How do the flat plate slotted waveguide array antennas on the UW King Air research aircraft (UWKA) enhance the data collection of the Ka-band precipitation radar (KPR)?

Flat plate slotted waveguide array antennas, each 14 cm in diameter, are arranged to provide interleaved profiling above and below the UW King Air research aircraft (UWKA). This arrangement enables the Ka-band precipitation radar (KPR) to capture a comprehensive view of the atmospheric column. This setup enhances data resolution and accuracy, ensuring that the KPR can be optimized for various research objectives and atmospheric conditions, leading to more reliable and thorough atmospheric data.

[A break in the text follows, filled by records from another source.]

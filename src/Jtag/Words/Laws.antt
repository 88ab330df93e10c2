-- ===== src/Jtag/Words/Laws.antt =====
-- What a word of a request holds, and the minimum and maximum of numbers that fit in an `int`.
use demo_testbench.Cbuf.Copy.{memcpy-concat}
use demo_testbench.Base.{
  sym, take-drop, drop-add, drop_left, le→leb, take_front, length-drop, ◌∙◌, ap, length-take,
  length-append, length-tabulate, tabulate, drop_front, true, false, ◌==◌, Bool-cases, inl, inr, ℕ,
  zero, suc, ◌+◌, ◌-◌, ◌/◌, ◌%◌, ◌^◌, ◌≤◌, ◌<◌, min, ltb, leb, if◌then◌else◌, List, [], ◌∷◌, ◌++◌,
}
use demo_testbench.Base.{length, take, drop, ◌≡◌, refl, arith, done}
use demo_testbench.Jtag.Words.{
  min_wsize, max_wsize, word_bytes, copy_to_word, copy_from_word, value_le,
}

pub min_wsize_lem : (a b : ℕ) → a < 2 ^ 31 → b < 2 ^ 31 → min_wsize a b ≡ min a b
unfolding min_wsize
min_wsize_lem a b ha hb =
    let ea : a % 2 ^ 32 ≡ a = omega arith in
    let eb : b % 2 ^ 32 ≡ b = omega arith in
    let ga : (a + 2 ^ 31) % 2 ^ 32 ≡ a + 2 ^ 31 = omega arith in
    let gb : (b + 2 ^ 31) % 2 ^ 32 ≡ b + 2 ^ 31 = omega arith in rw (ea, eb, ga, gb) (ground arith)

pub max_wsize_lem : (a b : ℕ) → a < 2 ^ 31 → b < 2 ^ 31 → max_wsize a b ≡ (if ltb b a then a else b)
unfolding max_wsize
max_wsize_lem a b ha hb =
    let ea : a % 2 ^ 32 ≡ a = omega arith in
    let eb : b % 2 ^ 32 ≡ b = omega arith in
    let ga : (a + 2 ^ 31) % 2 ^ 32 ≡ a + 2 ^ 31 = omega arith in
    let gb : (b + 2 ^ 31) % 2 ^ 32 ≡ b + 2 ^ 31 = omega arith in rw (ea, eb, ga, gb) (ground arith)

pub length-word_bytes : (width value : ℕ) → length (word_bytes width value) ≡ width
unfolding word_bytes
length-word_bytes width value = elim (Bool-cases (leb width 4)) [
  | inl narrow ↦
      let four =
        (value % 256)
        ∷ (value / 2 ^ 8 % 256)
        ∷ (value / 2 ^ 16 % 256)
        ∷ (value / 2 ^ 24 % 256)
        ∷ [] in
      let few : width ≤ 4 = ground (arith, narrow) in
      rw narrow (omega (arith, length-take width four))
  | inr wide ↦
      let zeros : List ℕ = tabulate (width - 4) (λ i. 0) in
      let many : 4 < width = ground (arith, wide) in
      rw wide (
        omega (
          arith,
          length-append zeros ((value % 256) ∷ 0 ∷ 0 ∷ 0 ∷ []),
          length-tabulate {A = ℕ} (width - 4) (λ i. 0),
        ))
]

-- What a word keeps of a number: its bytes, up to four; in a wider word only the lowest byte.
abbrev pub kept : ℕ → ℕ → ℕ
kept width value = if ltb 4 width then value % 256 else value % 256 ^ width

word_kept :
    (width value : ℕ)
    → 0 < width
    → value_le (drop (width - (if ltb 4 width then 4 else width)) (word_bytes width value))
      ≡ kept width value
unfolding word_bytes value_le
word_kept zero value h = absurd (omega arith)
word_kept (suc zero) value h = omega arith
word_kept (suc (suc zero)) value h = omega arith
word_kept (suc (suc (suc zero))) value h = omega arith
word_kept (suc (suc (suc (suc zero)))) value h = omega arith
word_kept (suc (suc (suc (suc (suc n))))) value h =
    let w = suc (suc (suc (suc (suc n)))) in
    let zeros : List ℕ = tabulate (w - 4) (λ i. 0) in
    let tail = (value % 256) ∷ 0 ∷ 0 ∷ 0 ∷ [] in
    let wide : ltb 4 w ≡ true = ground arith in
    let not_narrow : leb w 4 ≡ false = ground arith in
    rw (wide, not_narrow, drop_front zeros tail (w - 4) (length-tabulate {A = ℕ} (w - 4) (λ i. 0)))
      (omega arith)

cp-le : (width : ℕ) → (if ltb 4 width then 4 else width) ≤ width
cp-le width = ground arith

-- What the thread reads where a word stands.
pub copy_from_word_lem :
    (width : ℕ) (word rest from : List ℕ) (at : ℕ)
    → length word ≡ width
    → drop at from ≡ word ++ rest
    → at + width ≤ length from
    → copy_from_word width from at
      ≡ done (value_le (drop (width - (if ltb 4 width then 4 else width)) word))
unfolding copy_from_word
copy_from_word_lem width word rest from at len here inside =
    let cp : ℕ = if ltb 4 width then 4 else width in
    let few : cp ≤ width = cp-le width in
    let fits : leb (at + width) (length from) ≡ true = le→leb (at + width) (length from) inside in
    let low = drop (width - cp) word in
    let len_low : length low ≡ cp = omega (arith, length-drop (width - cp) word) in
    let found : drop (at + (width - cp)) from ≡ low ++ rest =
      drop-add at (width - cp) from
      ∙ (ap (λ l. drop (width - cp) l) here ∙ drop_left (width - cp) word rest (omega arith)) in
    rw fits (
      ap (λ l. done (value_le (take cp l))) found
      ∙ ap (λ l. done (value_le l)) (take_front low rest cp len_low))

-- A number copied into a word of a request, and read back as the thread reads a word, is the number
-- modulo 256 to the width, for widths of up to four bytes; with a wider word only its lowest byte
-- comes back. The rest of the request is as it was.
pub copy_from_word-copy_to_word :
    (width value : ℕ) (dest : List ℕ) (to : ℕ)
    → 0 < width
    → to + width ≤ length dest
    → (out : List ℕ) × (copy_to_word width value dest to ≡ done out)
      × (copy_from_word width out to ≡ done (kept width value))
      × (take to out ≡ take to dest)
      × (drop (to + width) out ≡ drop (to + width) dest)
      × (length out ≡ length dest)
unfolding copy_to_word
copy_from_word-copy_to_word width value dest to pos room =
    let word = word_bytes width value in
    let front : length (take to dest) ≡ to = omega (arith, length-take to dest) in
    let out = take to dest ++ (word ++ drop (to + width) dest) in
    let rest : drop to out ≡ word ++ drop (to + width) dest =
      drop_front (take to dest) (word ++ drop (to + width) dest) to front in
    let size : length out ≡ length dest = omega (
      arith,
      length-append (take to dest) (word ++ drop (to + width) dest),
      length-append word (drop (to + width) dest),
      length-word_bytes width value,
      length-drop (to + width) dest,
      front,
    ) in
    let nonzero : (width == 0) ≡ false = ground arith in
    let copied = memcpy-concat dest to word width (length-word_bytes width value) room in
    (
      out,
      rw (nonzero, copied) refl,
      copy_from_word_lem width word (drop (to + width) dest) out to (length-word_bytes width value)
            rest (omega arith)
          ∙ ap (λ k. done k) (word_kept width value pos),
      take_front (take to dest) (word ++ drop (to + width) dest) to front,
      drop-add to width out
          ∙ (ap (λ l. drop width l) rest
              ∙ drop_front word (drop (to + width) dest) width (length-word_bytes width value)),
      size,
    )

-- The thread reads the same word from two requests that agree up to its end.
pub copy_from_word_ext :
    (width at : ℕ) (xs ys : List ℕ)
    → at + width ≤ length xs
    → at + width ≤ length ys
    → take (at + width) xs ≡ take (at + width) ys
    → copy_from_word width xs at ≡ copy_from_word width ys at
unfolding copy_from_word
copy_from_word_ext width at xs ys in_xs in_ys same =
    let cp : ℕ = if ltb 4 width then 4 else width in
    let few : cp ≤ width = cp-le width in
    let last : (at + (width - cp)) + cp ≡ at + width = omega arith in
    let piece = λ (l : List ℕ).
      take-drop cp (at + (width - cp)) l ∙ ap (λ k. drop (at + (width - cp)) (take k l)) last in
    let low : take cp (drop (at + (width - cp)) xs) ≡ take cp (drop (at + (width - cp)) ys) =
      piece xs ∙ (ap (λ l. drop (at + (width - cp)) l) same ∙ sym (piece ys)) in
    rw (le→leb (at + width) (length xs) in_xs, le→leb (at + width) (length ys) in_ys)
      (ap (λ l. done (value_le l)) low)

Why is a 10W solid-state power amplifier important for the functionality of the University of Wyoming's airborne Ka-band precipitation radar (KPR)?

The University of Wyoming's airborne Ka-band precipitation radar (KPR) transmits signals that are boosted by a 10W solid-state power amplifier. This amplification is essential for ensuring that the signal has sufficient power to penetrate clouds and detect precipitation effectively. The enhanced signal strength allows for the collection of detailed, high-resolution data on cloud and precipitation processes, improving our comprehension of weather phenomena and predictive abilities for future weather patterns.